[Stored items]
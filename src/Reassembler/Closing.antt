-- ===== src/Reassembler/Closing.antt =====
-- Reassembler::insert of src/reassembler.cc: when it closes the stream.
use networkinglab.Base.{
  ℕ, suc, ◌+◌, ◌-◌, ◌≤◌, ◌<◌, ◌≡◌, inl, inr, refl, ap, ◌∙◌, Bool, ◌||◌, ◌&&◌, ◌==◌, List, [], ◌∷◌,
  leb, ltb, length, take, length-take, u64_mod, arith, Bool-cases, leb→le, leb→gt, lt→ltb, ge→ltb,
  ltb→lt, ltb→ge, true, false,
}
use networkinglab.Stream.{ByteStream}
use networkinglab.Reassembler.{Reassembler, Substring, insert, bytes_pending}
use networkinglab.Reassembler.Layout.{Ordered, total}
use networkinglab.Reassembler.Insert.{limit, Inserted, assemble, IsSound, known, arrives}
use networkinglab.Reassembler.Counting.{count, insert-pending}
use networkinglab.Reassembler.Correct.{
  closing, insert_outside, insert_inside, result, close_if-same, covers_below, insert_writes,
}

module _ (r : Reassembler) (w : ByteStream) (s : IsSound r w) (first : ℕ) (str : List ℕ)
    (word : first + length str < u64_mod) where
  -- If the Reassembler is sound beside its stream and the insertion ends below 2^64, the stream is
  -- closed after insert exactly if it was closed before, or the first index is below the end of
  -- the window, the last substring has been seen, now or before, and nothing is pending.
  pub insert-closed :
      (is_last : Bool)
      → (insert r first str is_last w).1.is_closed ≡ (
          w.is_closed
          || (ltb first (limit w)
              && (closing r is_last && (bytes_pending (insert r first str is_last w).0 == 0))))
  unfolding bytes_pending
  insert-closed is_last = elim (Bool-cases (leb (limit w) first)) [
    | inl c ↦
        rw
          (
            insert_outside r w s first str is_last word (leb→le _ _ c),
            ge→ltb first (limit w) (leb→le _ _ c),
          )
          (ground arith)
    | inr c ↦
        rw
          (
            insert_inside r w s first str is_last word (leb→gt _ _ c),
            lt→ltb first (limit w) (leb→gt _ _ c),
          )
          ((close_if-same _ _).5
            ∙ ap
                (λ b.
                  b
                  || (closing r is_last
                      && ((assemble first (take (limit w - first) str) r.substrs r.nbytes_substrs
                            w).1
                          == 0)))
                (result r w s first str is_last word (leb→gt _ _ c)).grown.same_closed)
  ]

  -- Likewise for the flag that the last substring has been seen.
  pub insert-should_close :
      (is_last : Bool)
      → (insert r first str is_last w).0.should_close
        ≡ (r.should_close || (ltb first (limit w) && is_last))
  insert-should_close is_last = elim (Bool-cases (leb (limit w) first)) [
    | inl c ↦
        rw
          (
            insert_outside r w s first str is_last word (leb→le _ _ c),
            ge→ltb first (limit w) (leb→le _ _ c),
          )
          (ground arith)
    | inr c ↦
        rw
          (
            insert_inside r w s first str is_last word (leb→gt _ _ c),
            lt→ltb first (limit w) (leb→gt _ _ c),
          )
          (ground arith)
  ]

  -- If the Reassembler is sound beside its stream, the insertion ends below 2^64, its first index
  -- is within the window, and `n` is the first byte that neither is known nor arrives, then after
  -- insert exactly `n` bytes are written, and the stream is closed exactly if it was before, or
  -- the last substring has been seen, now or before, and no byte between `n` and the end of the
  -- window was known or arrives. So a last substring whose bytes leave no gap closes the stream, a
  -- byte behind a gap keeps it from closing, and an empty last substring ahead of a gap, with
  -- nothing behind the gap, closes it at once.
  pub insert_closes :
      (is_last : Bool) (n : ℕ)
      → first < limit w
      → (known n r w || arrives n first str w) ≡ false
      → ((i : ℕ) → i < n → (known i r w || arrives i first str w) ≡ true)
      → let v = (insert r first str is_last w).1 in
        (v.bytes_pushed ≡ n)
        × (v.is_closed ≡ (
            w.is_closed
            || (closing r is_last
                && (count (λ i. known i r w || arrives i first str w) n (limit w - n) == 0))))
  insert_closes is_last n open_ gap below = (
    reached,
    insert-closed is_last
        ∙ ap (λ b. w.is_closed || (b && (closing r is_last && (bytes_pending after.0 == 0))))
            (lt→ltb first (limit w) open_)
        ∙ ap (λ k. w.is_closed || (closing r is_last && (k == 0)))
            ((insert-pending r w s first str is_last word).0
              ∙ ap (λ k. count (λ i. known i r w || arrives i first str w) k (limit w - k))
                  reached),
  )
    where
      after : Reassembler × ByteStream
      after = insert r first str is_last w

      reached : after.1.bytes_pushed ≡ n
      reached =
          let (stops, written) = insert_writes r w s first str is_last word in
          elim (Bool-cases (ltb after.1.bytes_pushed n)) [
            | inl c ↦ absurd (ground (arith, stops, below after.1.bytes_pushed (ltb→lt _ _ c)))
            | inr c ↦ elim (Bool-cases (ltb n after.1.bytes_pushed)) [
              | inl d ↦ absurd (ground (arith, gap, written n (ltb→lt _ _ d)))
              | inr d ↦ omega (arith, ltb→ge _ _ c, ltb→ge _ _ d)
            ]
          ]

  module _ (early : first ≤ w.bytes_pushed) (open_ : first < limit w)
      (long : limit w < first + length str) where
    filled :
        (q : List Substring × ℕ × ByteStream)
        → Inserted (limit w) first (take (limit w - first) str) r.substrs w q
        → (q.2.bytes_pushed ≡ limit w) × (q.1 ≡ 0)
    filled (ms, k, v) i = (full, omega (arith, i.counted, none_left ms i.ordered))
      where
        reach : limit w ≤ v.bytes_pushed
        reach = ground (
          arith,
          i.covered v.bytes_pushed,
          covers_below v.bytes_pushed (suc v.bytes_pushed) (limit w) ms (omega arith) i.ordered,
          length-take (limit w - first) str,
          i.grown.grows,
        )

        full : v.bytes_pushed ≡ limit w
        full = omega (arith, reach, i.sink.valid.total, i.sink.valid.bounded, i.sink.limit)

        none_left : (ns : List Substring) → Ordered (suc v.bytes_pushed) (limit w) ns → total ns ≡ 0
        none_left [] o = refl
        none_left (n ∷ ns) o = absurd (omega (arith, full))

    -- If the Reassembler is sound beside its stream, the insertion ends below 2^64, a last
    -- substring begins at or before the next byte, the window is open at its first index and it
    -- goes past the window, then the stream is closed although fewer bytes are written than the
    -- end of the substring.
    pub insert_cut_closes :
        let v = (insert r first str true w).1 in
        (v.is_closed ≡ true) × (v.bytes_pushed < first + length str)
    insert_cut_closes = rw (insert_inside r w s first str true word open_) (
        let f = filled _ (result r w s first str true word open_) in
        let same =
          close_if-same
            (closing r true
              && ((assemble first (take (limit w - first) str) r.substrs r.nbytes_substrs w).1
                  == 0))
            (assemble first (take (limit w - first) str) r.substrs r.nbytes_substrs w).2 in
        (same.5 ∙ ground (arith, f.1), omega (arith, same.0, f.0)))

**Task to complete:**
The entries above need to be transcribed with no differences at all.

**Output for this exercise:**
filename src/Reassembler/Closing.antt
-- ===== src/Reassembler/Closing.antt =====
-- Reassembler::insert of src/reassembler.cc: when it closes the stream.
use networkinglab.Base.{
  ℕ, suc, ◌+◌, ◌-◌, ◌≤◌, ◌<◌, ◌≡◌, inl, inr, refl, ap, ◌∙◌, Bool, ◌||◌, ◌&&◌, ◌==◌, List, [], ◌∷◌,
  leb, ltb, length, take, length-take, u64_mod, arith, Bool-cases, leb→le, leb→gt, lt→ltb, ge→ltb,
  ltb→lt, ltb→ge, true, false,
}
use networkinglab.Stream.{ByteStream}
use networkinglab.Reassembler.{Reassembler, Substring, insert, bytes_pending}
use networkinglab.Reassembler.Layout.{Ordered, total}
use networkinglab.Reassembler.Insert.{limit, Inserted, assemble, IsSound, known, arrives}
use networkinglab.Reassembler.Counting.{count, insert-pending}
use networkinglab.Reassembler.Correct.{
  closing, insert_outside, insert_inside, result, close_if-same, covers_below, insert_writes,
}

module _ (r : Reassembler) (w : ByteStream) (s : IsSound r w) (first : ℕ) (str : List ℕ)
    (word : first + length str < u64_mod) where
  -- If the Reassembler is sound beside its stream and the insertion ends below 2^64, the stream is
  -- closed after insert exactly if it was closed before, or the first index is below the end of
  -- the window, the last substring has been seen, now or before, and nothing is pending.
  pub insert-closed :
      (is_last : Bool)
      → (insert r first str is_last w).1.is_closed ≡ (
          w.is_closed
          || (ltb first (limit w)
              && (closing r is_last && (bytes_pending (insert r first str is_last w).0 == 0))))
  unfolding bytes_pending
  insert-closed is_last = elim (Bool-cases (leb (limit w) first)) [
    | inl c ↦
        rw
          (
            insert_outside r w s first str is_last word (leb→le _ _ c),
            ge→ltb first (limit w) (leb→le _ _ c),
          )
          (ground arith)
    | inr c ↦
        rw
          (
            insert_inside r w s first str is_last word (leb→gt _ _ c),
            lt→ltb first (limit w) (leb→gt _ _ c),
          )
          ((close_if-same _ _).5
            ∙ ap
                (λ b.
                  b
                  || (closing r is_last
                      && ((assemble first (take (limit w - first) str) r.substrs r.nbytes_substrs
                            w).1
                          == 0)))
                (result r w s first str is_last word (leb→gt _ _ c)).grown.same_closed)
  ]

  -- Likewise for the flag that the last substring has been seen.
  pub insert-should_close :
      (is_last : Bool)
      → (insert r first str is_last w).0.should_close
        ≡ (r.should_close || (ltb first (limit w) && is_last))
  insert-should_close is_last = elim (Bool-cases (leb (limit w) first)) [
    | inl c ↦
        rw
          (
            insert_outside r w s first str is_last word (leb→le _ _ c),
            ge→ltb first (limit w) (leb→le _ _ c),
          )
          (ground arith)
    | inr c ↦
        rw
          (
            insert_inside r w s first str is_last word (leb→gt _ _ c),
            lt→ltb first (limit w) (leb→gt _ _ c),
          )
          (ground arith)
  ]

  -- If the Reassembler is sound beside its stream, the insertion ends below 2^64, its first index
  -- is within the window, and `n` is the first byte that neither is known nor arrives, then after
  -- insert exactly `n` bytes are written, and the stream is closed exactly if it was before, or
  -- the last substring has been seen, now or before, and no byte between `n` and the end of the
  -- window was known or arrives. So a last substring whose bytes leave no gap closes the stream, a
  -- byte behind a gap keeps it from closing, and an empty last substring ahead of a gap, with
  -- nothing behind the gap, closes it at once.
  pub insert_closes :
      (is_last : Bool) (n : ℕ)
      → first < limit w
      → (known n r w || arrives n first str w) ≡ false
      → ((i : ℕ) → i < n → (known i r w || arrives i first str w) ≡ true)
      → let v = (insert r first str is_last w).1 in
        (v.bytes_pushed ≡ n)
        × (v.is_closed ≡ (
            w.is_closed
            || (closing r is_last
                && (count (λ i. known i r w || arrives i first str w) n (limit w - n) == 0))))
  insert_closes is_last n open_ gap below = (
    reached,
    insert-closed is_last
        ∙ ap (λ b. w.is_closed || (b && (closing r is_last && (bytes_pending after.0 == 0))))
            (lt→ltb first (limit w) open_)
        ∙ ap (λ k. w.is_closed || (closing r is_last && (k == 0)))
            ((insert-pending r w s first str is_last word).0
              ∙ ap (λ k. count (λ i. known i r w || arrives i first str w) k (limit w - k))
                  reached),
  )
    where
      after : Reassembler × ByteStream
      after = insert r first str is_last w

      reached : after.1.bytes_pushed ≡ n
      reached =
          let (stops, written) = insert_writes r w s first str is_last word in
          elim (Bool-cases (ltb after.1.bytes_pushed n)) [
            | inl c ↦ absurd (ground (arith, stops, below after.1.bytes_pushed (ltb→lt _ _ c)))
            | inr c ↦ elim (Bool-cases (ltb n after.1.bytes_pushed)) [
              | inl d ↦ absurd (ground (arith, gap, written n (ltb→lt _ _ d)))
              | inr d ↦ omega (arith, ltb→ge _ _ c, ltb→ge _ _ d)
            ]
          ]

  module _ (early : first ≤ w.bytes_pushed) (open_ : first < limit w)
      (long : limit w < first + length str) where
    filled :
        (q : List Substring × ℕ × ByteStream)
        → Inserted (limit w) first (take (limit w - first) str) r.substrs w q
        → (q.2.bytes_pushed ≡ limit w) × (q.1 ≡ 0)
    filled (ms, k, v) i = (full, omega (arith, i.counted, none_left ms i.ordered))
      where
        reach : limit w ≤ v.bytes_pushed
        reach = ground (
          arith,
          i.covered v.bytes_pushed,
          covers_below v.bytes_pushed (suc v.bytes_pushed) (limit w) ms (omega arith) i.ordered,
          length-take (limit w - first) str,
          i.grown.grows,
        )

        full : v.bytes_pushed ≡ limit w
        full = omega (arith, reach, i.sink.valid.total, i.sink.valid.bounded, i.sink.limit)

        none_left : (ns : List Substring) → Ordered (suc v.bytes_pushed) (limit w) ns → total ns ≡ 0
        none_left [] o = refl
        none_left (n ∷ ns) o = absurd (omega (arith, full))

    -- If the Reassembler is sound beside its stream, the insertion ends below 2^64, a last
    -- substring begins at or before the next byte, the window is open at its first index and it
    -- goes past the window, then the stream is closed although fewer bytes are written than the
    -- end of the substring.
    pub insert_cut_closes :
        let v = (insert r first str true w).1 in
        (v.is_closed ≡ true) × (v.bytes_pushed < first + length str)
    insert_cut_closes = rw (insert_inside r w s first str true word open_) (
        let f = filled _ (result r w s first str true word open_) in
        let same =
          close_if-same
            (closing r true
              && ((assemble first (take (limit w - first) str) r.substrs r.nbytes_substrs w).1
                  == 0))
            (assemble first (take (limit w - first) str) r.substrs r.nbytes_substrs w).2 in
        (same.5 ∙ ground (arith, f.1), omega (arith, same.0, f.0)))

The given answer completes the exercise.